Wheat futures firmed as problems with the French and

German wheat crop, plagued by excess harvest-time rain,

supported prices.

Most-active CBOT wheat ticked up 4-1/4 cents to

$5.32-1/2 a bushel as of 1600 GMT, was corn was last down

2-1/4 cents at $3.94-3/4 a bushel.

Meanwhile, most-active soybean futures were down 7

cents at $9.61 a bushel - and dipped at one point to $9.55 a

bushel, the lowest since September 2, 2020.

U.S. wheat futures have continued to face pressure from

a strong Black Sea wheat crop. However, the French soft wheat

crop, which is expected to be the smallest

since the 1980s

, and a declining German crop have provided a floor under

prices.

All three crops were trading close to their lowest since

2020 against a backdrop of large U.S. supplies and stiff

competition from Brazil and Russia to capture limited demand.

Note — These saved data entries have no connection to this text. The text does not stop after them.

-- ===== src/Vcdiff/Varint/Encoding.antt =====
-- Base-128 integers as RFC 3284, section 2 writes them, and what the readers' arithmetic makes of a
-- byte.
use rust_crates.Prelude.{
  ℕ, zero, suc, ◌+◌, ◌*◌, ◌/◌, ◌%◌, ◌≤◌, ◌<◌, ◌≡◌, refl, ◌∙◌, none, some, List, [], ◌∷◌, ◌++◌,
  arith,
}
use rust_crates.Prelude.{
  IsByte, IsU64, low_bits, top_bit, bit_and, ◌==◌, true, false, length, length-append,
}
use rust_crates.Vcdiff.Varint.{push_group}

-- The bytes of all groups but the last, most significant first, each with its top bit set: the
-- `k` groups of `v`.
unfoldable pub leading : ℕ → ℕ → List ℕ
leading zero v = []
leading (suc k) v = leading k (v / 128) ++ ((v % 128 + 128) ∷ [])

-- `v` in `k + 1` bytes. A form longer than `v` needs starts with empty groups.
unfoldable pub encode : ℕ → ℕ → List ℕ
unfolding leading
encode k v = leading k (v / 128) ++ ((v % 128) ∷ [])

pub length-leading : (k v : ℕ) → length (leading k v) ≡ k
unfolding leading
length-leading zero v = refl
length-leading (suc k) v =
    length-append (leading k (v / 128)) ((v % 128 + 128) ∷ [])
    ∙ omega (arith, length-leading k (v / 128))

pub length-encode : (k v : ℕ) → length (encode k v) ≡ k + 1
unfolding encode
length-encode k v =
    length-append (leading k (v / 128)) ((v % 128) ∷ []) ∙ omega (arith, length-leading k (v / 128))

pub push_group-some :
    (value byte : ℕ)
    → IsByte byte
    → IsU64 (value * 128 + byte % 128)
    → push_group value byte ≡ some (value * 128 + byte % 128)
unfolding push_group
push_group-some value byte b h = ground (arith, low_bits byte b)

pub push_group-none :
    (value byte : ℕ)
    → IsByte byte
    → 0x1_0000_0000_0000_0000 ≤ value * 128 + byte % 128
    → push_group value byte ≡ none
unfolding push_group
push_group-none value byte b h = ground (arith, low_bits byte b)

pub push_group-IsU64 : (value byte v : ℕ) → push_group value byte ≡ some v → IsU64 v
unfolding push_group
push_group-IsU64 value byte v h = ground arith

pub more_bit : (g : ℕ) → g < 128 → (bit_and (g + 128) 0x80 == 0) ≡ false
more_bit g h = ground (arith, top_bit (g + 128))

pub last_bit : (g : ℕ) → g < 128 → (bit_and g 0x80 == 0) ≡ true
last_bit g h = ground (arith, top_bit g)
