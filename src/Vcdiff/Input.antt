-- ===== src/Vcdiff/Input.antt =====
-- crates/vcdiff/src/input.rs, `DeltaInput`: the delta, read through a fixed buffer.
-- The buffer holds the bytes of the last read, `buffer[..buffer_len]`; what lies behind them is
-- never read and is left out, so that `buffer_len` is the length of the list. A loop that retries
-- an interrupted call takes fuel. Memory that the allocator refuses is not modelled.
pub mod Reading
pub mod Exact
pub mod Varints
use rust_crates.Prelude.{
  ℕ, zero, suc, ◌+◌, ◌-◌, ◌*◌, Bool, not, Option, none, List, [], ◌∷◌, ◌++◌, bit_and, min,
}
use rust_crates.Prelude.{ltb, leb, ◌==◌, if◌then◌else◌, length, get_elem?, take, drop, checked_add}
use rust_crates.Vcdiff.Error.{
  SectionKind, DecodeContext, Result, ok, err, stuck, ◌>>=◌, ◌>>◌, refuse, ok_or,
}
use rust_crates.Vcdiff.Error.{or_panic, try_usize, interrupted, invalid_data, read, seek}
use rust_crates.Vcdiff.Error.{truncated_delta, delta_io, arithmetic_overflow, varint_overflow}
use rust_crates.Vcdiff.Stream.{Stream, IoResult, SeekFrom, done, failed}
use rust_crates.Vcdiff.Varint.{push_group}

abbrev pub input_buffer_size : ℕ
input_buffer_size = 65536

pub record DeltaInput (D : Stream) : Type 0 where
  pub reader : D.State
  pub len : ℕ
  pub pos : ℕ
  pub buffer : List ℕ
  pub buffer_pos : ℕ
  pub window : Option ℕ
  pub section : Option SectionKind

-- `u32::from_be_bytes` of the four bytes that were read
unfoldable pub from_be_bytes : List ℕ → ℕ
from_be_bytes (a ∷ b ∷ c ∷ d ∷ []) = ((a * 256 + b) * 256 + c) * 256 + d
from_be_bytes _ = 0

module _ {D : Stream} where
  unfoldable pub new : D.State → ℕ → DeltaInput D
  new reader len = record {
    reader = reader;
    len = len;
    pos = 0;
    buffer = [];
    buffer_pos = 0;
    window = none;
    section = none;
  }

  unfoldable pub set_window : Option ℕ → DeltaInput D → DeltaInput D
  set_window window input = record input { window = window }

  unfoldable pub set_section : Option SectionKind → DeltaInput D → DeltaInput D
  set_section section input = record input { section = section }

  unfoldable pub is_empty : DeltaInput D → Bool
  is_empty input = input.pos == input.len

  unfoldable pub context : DeltaInput D → DecodeContext
  context input = record {
    delta_offset = input.pos;
    window = input.window;
    section = input.section;
  }

  -- The answer of one `read`, with what the loop does after an interruption.
  unfoldable pub after_read :
      IoResult (List ℕ) → DeltaInput D → Result (DeltaInput D) → Result (DeltaInput D)
  after_read (done []) input retry = err (truncated_delta (context input))
  after_read (done (b ∷ bs)) input retry = ok (record input { buffer = b ∷ bs; buffer_pos = 0 })
  after_read (failed interrupted) input retry = retry
  after_read (failed e) input retry = err (delta_io read (context input) e)

  unfoldable pub fill_loop : ℕ → ℕ → DeltaInput D → Result (DeltaInput D)
  unfolding after_read
  fill_loop zero request input = stuck
  fill_loop (suc fuel) request input =
      let (answer, reader) = D.read request input.reader in
      let input' : DeltaInput D = record input { reader = reader } in
      let retry = fill_loop fuel request input' in after_read answer input' retry

  unfoldable pub fill : ℕ → DeltaInput D → Result (DeltaInput D)
  fill fuel input = do
    refuse (leb input.len input.pos) (truncated_delta (context input))
    request ← try_usize (min (input.len - input.pos) input_buffer_size) (context input)
    fill_loop fuel request input

  -- `if self.buffer_pos == self.buffer_len { self.fill()?; }`
  unfoldable pub refill : ℕ → DeltaInput D → Result (DeltaInput D)
  refill fuel input = if input.buffer_pos == length input.buffer then fill fuel input else ok input

  unfoldable pub read_u8 : ℕ → DeltaInput D → Result (ℕ × DeltaInput D)
  read_u8 fuel input = do
    filled ← refill fuel input
    byte ← or_panic (get_elem? filled.buffer filled.buffer_pos)
    pos ← ok_or (checked_add filled.pos 1) (arithmetic_overflow (context filled))
    ok (byte, record filled { buffer_pos = filled.buffer_pos + 1; pos = pos })

  -- `while written < output.len()`: `wanted` bytes are not read yet. Each round takes one at least.
  unfoldable pub read_exact_loop : ℕ → ℕ → ℕ → DeltaInput D → Result (List ℕ × DeltaInput D)
  read_exact_loop rounds fuel zero input = ok ([], input)
  read_exact_loop zero fuel (suc wanted) input = stuck
  read_exact_loop (suc rounds) fuel (suc wanted) input = do
    filled ← refill fuel input
    let count = min (length filled.buffer - filled.buffer_pos) (suc wanted)
    pos ← ok_or (checked_add filled.pos count) (arithmetic_overflow (context filled))
    (rest, after) ←
        read_exact_loop rounds fuel (suc wanted - count)
          (record filled { buffer_pos = filled.buffer_pos + count; pos = pos })
    ok (take count (drop filled.buffer_pos filled.buffer) ++ rest, after)

  -- Reads `output_len` bytes, which it returns.
  unfoldable pub read_exact : ℕ → ℕ → DeltaInput D → Result (List ℕ × DeltaInput D)
  read_exact fuel output_len input = do
    end ← ok_or (checked_add input.pos output_len) (arithmetic_overflow (context input))
    refuse (ltb input.len end) (truncated_delta (context input))
    read_exact_loop output_len fuel output_len input

  unfoldable pub read_u32_be : ℕ → DeltaInput D → Result (ℕ × DeltaInput D)
  read_u32_be fuel input = do
    (bytes, after) ← read_exact fuel 4 input
    ok (from_be_bytes bytes, after)

  -- `for _ in 0..10 { … }`, with the rounds that are left
  unfoldable pub varint_loop : ℕ → ℕ → ℕ → DecodeContext → DeltaInput D → Result (ℕ × DeltaInput D)
  varint_loop zero fuel value origin input = err (varint_overflow origin)
  varint_loop (suc rounds) fuel value origin input = do
    (byte, after) ← read_u8 fuel input
    value' ← ok_or (push_group value byte) (varint_overflow origin)
    let rest = varint_loop rounds fuel value' origin after
    if bit_and byte 0x80 == 0 then ok (value', after) else rest

  unfoldable pub read_varint : ℕ → DeltaInput D → Result (ℕ × DeltaInput D)
  read_varint fuel input = varint_loop 10 fuel 0 (context input) input

  -- The answer of the `seek` in `skip`.
  unfoldable pub after_seek : IoResult ℕ → ℕ → DecodeContext → DeltaInput D → Result (DeltaInput D)
  after_seek (failed e) end here input = err (delta_io seek here e)
  after_seek (done actual) end here input = do
    refuse (not (actual == end)) (delta_io seek here invalid_data)
    ok (record input { pos = end; buffer = []; buffer_pos = 0 })

  unfoldable pub skip : ℕ → DeltaInput D → Result (DeltaInput D)
  unfolding after_seek
  skip len input = do
    end ← ok_or (checked_add input.pos len) (arithmetic_overflow (context input))
    refuse (ltb input.len end) (truncated_delta (context input))
    let (answer, reader) = D.seek (SeekFrom.start end) input.reader
    after_seek answer end (context input) (record input { reader = reader })
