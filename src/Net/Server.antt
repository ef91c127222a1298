-- ===== src/Net/Server.antt =====
-- NetServer: the table of connections, the calls of its clients and the handlers of the io thread. A
-- connection is an object that the table and pending handlers share; objects are kept by their id,
-- which is never given out twice before the counter wraps. Handlers run in `ioContext.run()`, which
-- does nothing once the context is stopped, until `restart()` is called.

pub mod Inbound
pub mod Table
pub mod Calls
pub mod Lifecycle
pub mod Stopping
mod Tests
use mmo_server.Common.{
  ℕ, zero, suc, ◌+◌, ◌%◌, ◌^◌, Bool, true, false, not, Option, none, some, List, [], ◌∷◌, length,
  count, leb, ◌==◌, if◌then◌else◌, update,
}
use mmo_server.Queue.Fifo
use mmo_server.Queue.Fifo.{dequeues, Reply, taken, accepted}
use mmo_server.Net.{ReceivedPacket}
use mmo_server.Net.Connection
use mmo_server.Net.Connection.{TcpConnection, inbound_queue_capacity}

-- `running_` and the members of `Impl`; a connection that is not yet accepted has no object.
pub record NetServer : Type 0 where
  pub running : Bool
  pub io_stopped : Bool
  pub acceptor_open : Bool
  pub next_connection_id : ℕ
  pub objects : ℕ → TcpConnection
  pub connections : List ℕ
  pub inbound : List ReceivedPacket

abbrev pub construct : NetServer
construct = record {
  running = false;
  io_stopped = false;
  acceptor_open = false;
  next_connection_id = 1;
  objects = Connection.construct;
  connections = [];
  inbound = [];
}

-- `connections.erase(id)`
abbrev pub erase : ℕ → List ℕ → List ℕ
erase id [] = []
erase id (i ∷ ids) = if i == id then erase id ids else i ∷ erase id ids

unfoldable pub remove_connection : NetServer → ℕ → NetServer
remove_connection s id = record s { connections = erase id s.connections }

-- Whether the port can be bound is up to the system; an exception before that leaves the server off.
unfoldable pub start : NetServer → Bool → Bool × NetServer
start s bound =
    if s.running
    then (false, s)
    else if not bound
    then (false, s)
    else (true, record s { acceptor_open = true; running = true })

-- The loop of Stop over the table.
unfoldable pub disconnect_all : (ℕ → TcpConnection) → List ℕ → ℕ → TcpConnection
disconnect_all objects [] = objects
disconnect_all objects (id ∷ ids) =
    disconnect_all (update objects id (Connection.disconnect (objects id))) ids

-- The loop of Stop that empties the inbound queue: Dequeue until it fails.
unfoldable pub purge : List ReceivedPacket → List ReceivedPacket
purge [] = []
purge (p ∷ ps) = purge ps

unfoldable pub stop : NetServer → NetServer
unfolding disconnect_all purge
stop s = if not s.running then s else record s {
  running = false;
  acceptor_open = false;
  io_stopped = true;
  objects = disconnect_all s.objects s.connections;
  connections = [];
  inbound = purge s.inbound;
}

-- Send: the return value, the packet handed to `async_write`, if any, and the state.
unfoldable pub send : NetServer → ℕ → ℕ → List ℕ → Bool × Option (List ℕ) × NetServer
send s id packet_id payload =
    if count id s.connections == 0
    then (false, none, s)
    else let (ok, writes, c) = Connection.send (s.objects id) packet_id payload in
      (ok, writes, record s { objects = update s.objects id c })

unfoldable pub poll_packet : NetServer → Option ReceivedPacket × NetServer
poll_packet s = elim s.inbound [ [] ↦ (none, s) | p ∷ rest ↦ (some p, record s { inbound = rest }) ]

unfoldable pub connection_count : NetServer → ℕ
connection_count s = length s.connections

-- The handler of StartAccept with no error. `emplace` leaves the table alone if the id is there.
unfoldable pub on_accept : NetServer → NetServer
on_accept s =
    let id = s.next_connection_id in
    record s {
      next_connection_id = (id + 1) % 2 ^ 64;
      objects = update s.objects id (Connection.construct id);
      connections = if count id s.connections == 0 then id ∷ s.connections else s.connections;
    }

-- The handler of StartReadLoop with an error, and the one of StartWriteLoop.
unfoldable pub on_read_error : NetServer → ℕ → NetServer
unfolding remove_connection
on_read_error s id =
    remove_connection
      (record s { objects = update s.objects id (Connection.disconnect (s.objects id)) }) id

unfoldable pub on_write_error : NetServer → ℕ → NetServer
unfolding remove_connection
on_write_error s id =
    let removed =
      remove_connection
        (record s { objects = update s.objects id (Connection.disconnect (s.objects id)) }) id in
    record removed {
      objects = update removed.objects id (Connection.end_write (removed.objects id));
    }

-- The handler of a read that brought `chunk`: the decode loop has fuel for every byte.
unfoldable pub on_read : NetServer → ℕ → List ℕ → Option NetServer
on_read s id chunk =
    let c = s.objects id in
    elim (Connection.receive (suc (length c.receive_buffer + length chunk)) c s.inbound chunk) [
      | none ↦ none
      | some (c', inbound) ↦ some (record s { objects = update s.objects id c'; inbound = inbound })
    ]

unfoldable pub on_written : NetServer → ℕ → NetServer
on_written s id = record s { objects = update s.objects id (Connection.written (s.objects id)).1 }

-- A client's call, or a handler of the io thread, for a connection that has been accepted.
pub data Event : Type 0 where
  starts : (bound : Bool) → Event
  stops : Event
  sends : (id packet_id : ℕ) (payload : List ℕ) → Event
  polls : Event
  accepts : Event
  reads : (id : ℕ) (chunk : List ℕ) → Event
  read_fails writes write_fails : (id : ℕ) → Event

-- Handlers run for objects that exist, and only while the server runs and its context does.
abbrev pub in_handler : NetServer → Bool
in_handler s = if s.running then not s.io_stopped else false

abbrev pub exists : NetServer → ℕ → Bool
exists s id =
    if in_handler s then (if id == 0 then false else leb (suc id) s.next_connection_id) else false

unfoldable pub handle : NetServer → Event → Option NetServer
unfolding start stop send poll_packet on_accept on_read on_read_error on_written on_write_error
handle s (Event.starts bound) = some (start s bound).1
handle s Event.stops = some (stop s)
handle s (Event.sends id packet_id payload) = some (send s id packet_id payload).2
handle s Event.polls = some (poll_packet s).1
handle s Event.accepts = some (if in_handler s then on_accept s else s)
handle s (Event.reads id chunk) = if exists s id then on_read s id chunk else some s
handle s (Event.read_fails id) = some (if exists s id then on_read_error s id else s)
handle s (Event.writes id) = some (if exists s id then on_written s id else s)
handle s (Event.write_fails id) = some (if exists s id then on_write_error s id else s)

unfoldable pub run : NetServer → List Event → Option NetServer
unfolding handle
run s [] = some s
run s (e ∷ es) = elim (handle s e) [ none ↦ none | some s' ↦ run s' es ]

Farmers have been selling off huge volumes of old crop

corn and soybeans to generate much-needed cash flow ahead of the

fall, when property taxes, crop insurance and other bills come

due, traders said. Meanwhile, funds continue to hold large short

positions on U.S. commodities, leaving the market open to short

covering.

"It's a perfect storm for funds," Darin Fessler, trader

at Lakefront Futures and Options, said. "They're thinking about

getting out of their massive shorts while producers are

selling."

Renewed concern about China's economy and weak Chinese

demand for U.S. soy also weighed over U.S. soy futures, traders

said.

"The Chinese economy isn't exactly hunky dory," Fessler

said. "Demand hasn't been great, and it's putting further

pressure on U.S. prices even though U.S. beans are cheap."